The Greek poets and storytellers who related the above myths stressed the offensiveness of mortal hubris to those above men, the gods. One of the most well-known definitions of hubris to come down to us from ancient times is that of Aristotle. It comes from the second book of his Rhetoric, a work that both defines the principles and rules and instructs in the art of persuasive speech. This is the section in which Aristotle is exploring the usefulness of pathos – emotion – both on the part of the speaker and the audience, in making an argument. His definition of hubris – which is generally rendered “insult” in English translation of Rhetoric – emphasizes its offensiveness in the opposite direction to that stressed by the ancient myths, i.e., to its human victims.
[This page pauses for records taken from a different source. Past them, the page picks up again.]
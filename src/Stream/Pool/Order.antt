-- ===== src/Stream/Pool/Order.antt =====
-- The order of the records of one partition, through the workers.
use mathlib.Core.List.{append_assoc, append-nil}
use learn_go_project.Prelude.{
  ℕ, ◌≡◌, refl, sym, ◌∙◌, ap, subst, Bool, true, false, Bool-cases, false≢true, ◌⊎◌, inl, inr,
  Option, none, some, List, [], ◌∷◌, ◌++◌, keep, eqb, arith,
}
use learn_go_project.Stream.Consumer.{Record}
use learn_go_project.Stream.Pool.{
  Worker, Pool, worker_of, put, with_worker, enqueue, worker_at, Step, look, hand, return_cancelled,
  return_error, join, take, skip, commit, leave, fail, exit, Reachable, at_start, after, fetch,
  cut_off,
}

abbrev pub held : Option Record → List Record
held none = []
held (some r) = r ∷ []

-- The records that a worker was handed, in this order.
abbrev pub line : Worker → List Record
line x = x.committed ++ (x.skipped ++ (held x.handling ++ x.queue))

-- A worker that gave a record up handles none any more.
abbrev IsOver : Bool → Worker → Type 0
IsOver cancelled x =
    (x.skipped ≡ []) ⊎ ((x.handling ≡ none) × ((cancelled ≡ true) ⊎ (x.is_stopped ≡ true)))

IsOver-late : (cancelled : Bool) (x : Worker) → IsOver cancelled x → IsOver true x
IsOver-late cancelled x (inl none_skipped) = inl none_skipped
IsOver-late cancelled x (inr (free, why)) = inr (free, inl refl)

-- What a worker that still may take records up, or handles one, has given up.
IsOver-running : (x : Worker) → x.is_stopped ≡ false → IsOver false x → x.skipped ≡ []
IsOver-running x alive (inl none_skipped) = none_skipped
IsOver-running x alive (inr (free, inl late)) = absurd (false≢true late)
IsOver-running x alive (inr (free, inr stopped)) = absurd (false≢true (sym alive ∙ stopped))

IsOver-exit :
    (cancelled : Bool) (x : Worker)
    → IsOver cancelled x
    → IsOver cancelled (record x { is_stopped = true })
IsOver-exit cancelled x (inl none_skipped) = inl none_skipped
IsOver-exit cancelled x (inr (free, why)) = inr (free, inr refl)

IsOver-busy :
    (cancelled : Bool) (x : Worker) (r : Record)
    → x.handling ≡ some r
    → IsOver cancelled x
    → x.skipped ≡ []
IsOver-busy cancelled x r busy (inl none_skipped) = none_skipped
IsOver-busy cancelled x r busy (inr (free, why)) = absurd (ground (arith, busy, free))

eqb-path : (w k : ℕ) → eqb k w ≡ true → w ≡ k
eqb-path w k same = ground (arith, same)

pub put-elim :
    (P : ℕ → Worker → Type 0) (w : ℕ) (x : Worker) (workers : ℕ → Worker)
    → P w x
    → ((k : ℕ) → P k (workers k))
    → (k : ℕ) → P k (put w x workers k)
put-elim P w x workers here there k = elim (Bool-cases (eqb k w)) [
  | inl same ↦ rw same (subst (λ (j : ℕ). P j x) (eqb-path w k same) here)
  | inr other ↦ rw other (there k)
]

line-take :
    (x : Worker) (r : Record) (rest : List Record)
    → x.handling ≡ none
    → x.queue ≡ r ∷ rest
    → line (record x { handling = some r; queue = rest }) ≡ line x
line-take x r rest free first = simp (free, first)

line-skip :
    (x : Worker) (r : Record) (rest : List Record)
    → x.handling ≡ none
    → x.queue ≡ r ∷ rest
    → line (record x { skipped = x.skipped ++ r ∷ []; queue = rest }) ≡ line x
line-skip x r rest free first =
    simp (free, first)
      (ap (λ (l : List Record). x.committed ++ l) (append_assoc x.skipped (r ∷ []) rest))

line-commit :
    (x : Worker) (r : Record)
    → x.handling ≡ some r
    → x.skipped ≡ []
    → line (record x { committed = x.committed ++ r ∷ []; handling = none }) ≡ line x
line-commit x r busy none_skipped =
    simp (busy, none_skipped) (append_assoc x.committed (r ∷ []) x.queue)

line-leave :
    (x : Worker) (r : Record)
    → x.handling ≡ some r
    → line (record x { skipped = x.skipped ++ r ∷ []; handling = none }) ≡ line x
line-leave x r busy =
    simp busy (ap (λ (l : List Record). x.committed ++ l) (append_assoc x.skipped (r ∷ []) x.queue))

line-enqueue : (r : Record) (x : Worker) → line (enqueue r x) ≡ line x ++ r ∷ []
line-enqueue r x = sym (
    append_assoc x.committed (x.skipped ++ (held x.handling ++ x.queue)) (r ∷ [])
    ∙ ap (λ (l : List Record). x.committed ++ l)
        (append_assoc x.skipped (held x.handling ++ x.queue) (r ∷ [])
          ∙ ap (λ (l : List Record). x.skipped ++ l)
              (append_assoc (held x.handling) x.queue (r ∷ []))))

abbrev pub of_partition : ℕ → List Record → List Record
of_partition q = keep (λ r. eqb r.partition q)

module _ (count : ℕ) where
  -- The records for a worker.
  abbrev pub for_worker : ℕ → List Record → List Record
  for_worker w = keep (λ r. eqb (worker_of count r) w)

  record IsOrdered (s : Pool) : Type 0 where
    lines : (w : ℕ) → line (s.workers w) ++ for_worker w s.pending ≡ for_worker w s.fetched
    over : (w : ℕ) → IsOver s.is_cancelled (s.workers w)

  keep-append :
      (test : Record → Bool) (ys xs : List Record)
      → keep test (xs ++ ys) ≡ keep test xs ++ keep test ys
  keep-append test ys [] = refl
  keep-append test ys (x ∷ xs) = ground (arith, keep-append test ys xs)

  -- A worker changes and keeps its line.
  worker-IsOrdered :
      {s : Pool} (w : ℕ) (x : Worker)
      → line x ≡ line (s.workers w)
      → IsOver s.is_cancelled x
      → IsOrdered s
      → IsOrdered (with_worker w x s)
  worker-IsOrdered {s} w x same over h = record {
    lines = λ k.
        ap (λ (l : List Record). l ++ for_worker k s.pending)
          (put-elim (λ j y. line y ≡ line (s.workers j)) w x s.workers same (λ j. refl) k)
        ∙ h.lines k;
    over = put-elim (λ j. IsOver s.is_cancelled) w x s.workers over h.over;
  }

  for_own :
      (r : Record) (rest : List Record)
      → for_worker (worker_of count r) (r ∷ rest) ≡ r ∷ for_worker (worker_of count r) rest
  for_own r rest = ground arith

  for_other :
      (k : ℕ) (r : Record) (rest : List Record)
      → eqb k (worker_of count r) ≡ false
      → for_worker k (r ∷ rest) ≡ for_worker k rest
  for_other k r rest other = ground (arith, other)

  -- The worker of a record gets it in its line, and the others do not.
  hand-lines :
      (s : Pool) (r : Record) (rest : List Record)
      → s.pending ≡ r ∷ rest
      → IsOrdered s
      → (k : ℕ)
      → line (put (worker_of count r) (enqueue r (s.workers (worker_of count r))) s.workers k)
          ++ for_worker k rest
        ≡ for_worker k s.fetched
  hand-lines s r rest first h k =
      let w = worker_of count r in
      let before : (j : ℕ)
          → line (s.workers j) ++ for_worker j (r ∷ rest) ≡ for_worker j s.fetched =
        λ j.
          ap (λ (l : List Record). line (s.workers j) ++ for_worker j l) (sym first) ∙ h.lines j in
      elim (Bool-cases (eqb k w)) [
        | inl same ↦ rw same (
            subst
              (λ (j : ℕ).
                line (enqueue r (s.workers w)) ++ for_worker j rest ≡ for_worker j s.fetched)
              (eqb-path w k same)
              (ap (λ (l : List Record). l ++ for_worker w rest) (line-enqueue r (s.workers w))
                ∙ append_assoc (line (s.workers w)) (r ∷ []) (for_worker w rest)
                ∙ (rw (← for_own r rest) (before w))))
        | inr other ↦ rw other (rw (← for_other k r rest other) (before k))
      ]

  fetch-IsOrdered :
      (s : Pool) (rs : List Record)
      → s.pending ≡ []
      → IsOrdered s
      → IsOrdered (record s { fetched = s.fetched ++ rs; pending = rs; is_polling = false })
  fetch-IsOrdered s rs none_left h = record {
    lines = λ w.
        ap (λ (l : List Record). l ++ for_worker w rs)
          (sym (append-nil (line (s.workers w))) ∙ all_handed w)
        ∙ sym (keep-append (λ r. eqb (worker_of count r) w) rs s.fetched);
    over = h.over;
  }
    where
      all_handed : (w : ℕ) → line (s.workers w) ++ [] ≡ for_worker w s.fetched
      all_handed w =
          ap (λ (l : List Record). line (s.workers w) ++ for_worker w l) (sym none_left) ∙ h.lines w

  Step-IsOrdered : {s t : Pool} → Step count s t → IsOrdered s → IsOrdered t
  Step-IsOrdered {s} (look unreturned top running no_errors none_left) h = record {
    lines = h.lines;
    over = h.over;
  }
  Step-IsOrdered {s} (join e ended unjoined all_stopped) h = record {
    lines = h.lines;
    over = h.over;
  }
  Step-IsOrdered {s} (exit w real closed alive free empty) h =
      let x = s.workers w in
      let kept =
        worker-IsOrdered w (record x { is_stopped = true }) refl
          (IsOver-exit s.is_cancelled x (h.over w)) h in
      record { lines = kept.lines; over = kept.over }
  Step-IsOrdered {s} (hand r rest unreturned top divides first room) h = record {
    lines = hand-lines s r rest first h;
    over =
        put-elim (λ j. IsOver s.is_cancelled) (worker_of count r)
          (enqueue r (s.workers (worker_of count r))) s.workers (h.over (worker_of count r)) h.over;
  }
  Step-IsOrdered {s} (return_cancelled unreturned late) h = record {
    lines = h.lines;
    over = h.over;
  }
  Step-IsOrdered {s} (return_error e rest unreturned top first) h = record {
    lines = h.lines;
    over = λ w. IsOver-late s.is_cancelled (s.workers w) (h.over w);
  }
  Step-IsOrdered {s} (take w r rest real running alive free first) h =
      let x = s.workers w in
      worker-IsOrdered w (record x { handling = some r; queue = rest })
        (line-take x r rest free first)
        (inl (IsOver-running x alive (subst (λ (c : Bool). IsOver c x) running (h.over w)))) h
  Step-IsOrdered {s} (skip w r rest real late alive free first) h =
      let x = s.workers w in
      worker-IsOrdered w (record x { skipped = x.skipped ++ r ∷ []; queue = rest })
        (line-skip x r rest free first) (inr (free, inl late)) h
  Step-IsOrdered {s} (commit w r real busy) h =
      let x = s.workers w in
      let none_skipped = IsOver-busy s.is_cancelled x r busy (h.over w) in
      worker-IsOrdered w (record x { committed = x.committed ++ r ∷ []; handling = none })
        (line-commit x r busy none_skipped) (inl none_skipped) h
  Step-IsOrdered {s} (leave w r real late busy) h =
      let x = s.workers w in
      worker-IsOrdered w (record x { skipped = x.skipped ++ r ∷ []; handling = none })
        (line-leave x r busy) (inr (refl, inl late)) h
  Step-IsOrdered {s} (fail w r e real busy) h =
      let x = s.workers w in
      let kept =
        worker-IsOrdered w
          (record x { skipped = x.skipped ++ r ∷ []; handling = none; is_stopped = true })
          (line-leave x r busy) (inr (refl, inr refl)) h in
      record { lines = kept.lines; over = kept.over }

  Reachable-IsOrdered : {s : Pool} → Reachable count s → IsOrdered s
  Reachable-IsOrdered at_start = record { lines = λ w. refl; over = λ w. inl refl }
  Reachable-IsOrdered (after reached step) = Step-IsOrdered step (Reachable-IsOrdered reached)
  Reachable-IsOrdered (fetch {s} rs reached unreturned polling running none_left) =
      fetch-IsOrdered s rs none_left (Reachable-IsOrdered reached)
  Reachable-IsOrdered (cut_off {s} reached) =
      let h = Reachable-IsOrdered reached in
      record { lines = h.lines; over = λ w. IsOver-late s.is_cancelled (s.workers w) (h.over w) }

  keep-for_worker :
      (q : ℕ) (rs : List Record)
      → of_partition q (for_worker (worker_at count q) rs) ≡ of_partition q rs
  keep-for_worker q [] = refl
  keep-for_worker q (r ∷ rs) = elim (Bool-cases (eqb r.partition q)) [
    | inl same ↦
        let own : eqb (worker_at count r.partition) (worker_at count q) ≡ true =
          subst (λ (p : ℕ). eqb (worker_at count r.partition) (worker_at count p) ≡ true)
            (sym (eqb-path q r.partition same)) (ground arith) in
        rw (same, own) (rw same (ap (λ (l : List Record). r ∷ l) (keep-for_worker q rs)))
    | inr other ↦
        rw other (elim (Bool-cases (eqb (worker_at count r.partition) (worker_at count q))) [
          | inl here ↦ rw here (rw other (keep-for_worker q rs))
          | inr away ↦ rw away (keep-for_worker q rs)
        ])
  ]

  keep-then :
      (q : ℕ) (e a b : List Record)
      → of_partition q (a ++ b) ++ e ≡ of_partition q a ++ (of_partition q b ++ e)
  keep-then q e a b =
      ap (λ (l : List Record). l ++ e) (keep-append (λ r. eqb r.partition q) b a)
      ∙ append_assoc (of_partition q a) (of_partition q b) e

  -- However the steps of `Run` and of its workers fall, and whatever fails, the records of a partition
  -- that were fetched so far are, in the order in which they were fetched: those that its worker has
  -- committed, those that it gave up, the one that it handles, those in its channel, and those that
  -- are to be handed on. So the offsets that are committed are those of the first records of the
  -- partition, without a gap, and no two records of a partition are handled at a time.
  pub Reachable-partition :
      {s : Pool}
      → Reachable count s
      → (q : ℕ)
      → let x = s.workers (worker_at count q) in
        of_partition q s.fetched
        ≡ of_partition q x.committed
          ++ (of_partition q x.skipped
              ++ (of_partition q (held x.handling)
                  ++ (of_partition q x.queue ++ of_partition q s.pending)))
  Reachable-partition {s} reached q =
      let x = s.workers (worker_at count q) in
      let f = of_partition q in
      let part = λ (l : List Record). keep-then q (f s.pending) l in
      sym (keep-for_worker q s.fetched)
      ∙ ap f (sym ((Reachable-IsOrdered reached).lines (worker_at count q)))
      ∙ keep-append (λ r. eqb r.partition q) (for_worker (worker_at count q) s.pending) (line x)
      ∙ ap (λ (l : List Record). f (line x) ++ l) (keep-for_worker q s.pending)
      ∙ part x.committed (x.skipped ++ (held x.handling ++ x.queue))
      ∙ ap (λ (l : List Record). f x.committed ++ l)
          (part x.skipped (held x.handling ++ x.queue)
            ∙ ap (λ (l : List Record). f x.skipped ++ l) (part (held x.handling) x.queue))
As translated by J. H. Freese it says that hubris “consists in causing injury or annoyance whereby the sufferer is disgraced, not to obtain any other advantage for oneself besides the performance of the act, but for one’s own pleasure”. At first glance, it seems almost as if Aristotle were discussing something completely different from the hubris of Greek mythology and, indeed, he obviously had the laws of his city-state Athens in mind here. In Greek law in general, hubris denoted a wide category of crimes. The Athenian lawmakers had put more effort into defining the category than most and in Athenian law hubris consisted of crimes that deliberately inflicted shame upon their victims. Some recent classical scholars have argued on the basis of this definition that our entire traditional understanding of the Greek concept of hubris is mistaken, an anachronistic reading of English usage and Christian concepts back into ancient thought. This, however, reads too much into this one passage of Aristotle. It is understandable that the legal connotations of hubris, in which its effects on human victims would be stressed, would be foremost in Aristotle’s mind in Rhetoric – consult Plato’s dialogues that feature Socrates interacting with the Sophists, or for that matter Aristophanes’ lampooning of Socrates himself in the Clouds, and it will quickly become obvious, as in fact, it is self-evident, that the main reason rhetoric teachers were in demand was because people wanted to win lawsuits in court.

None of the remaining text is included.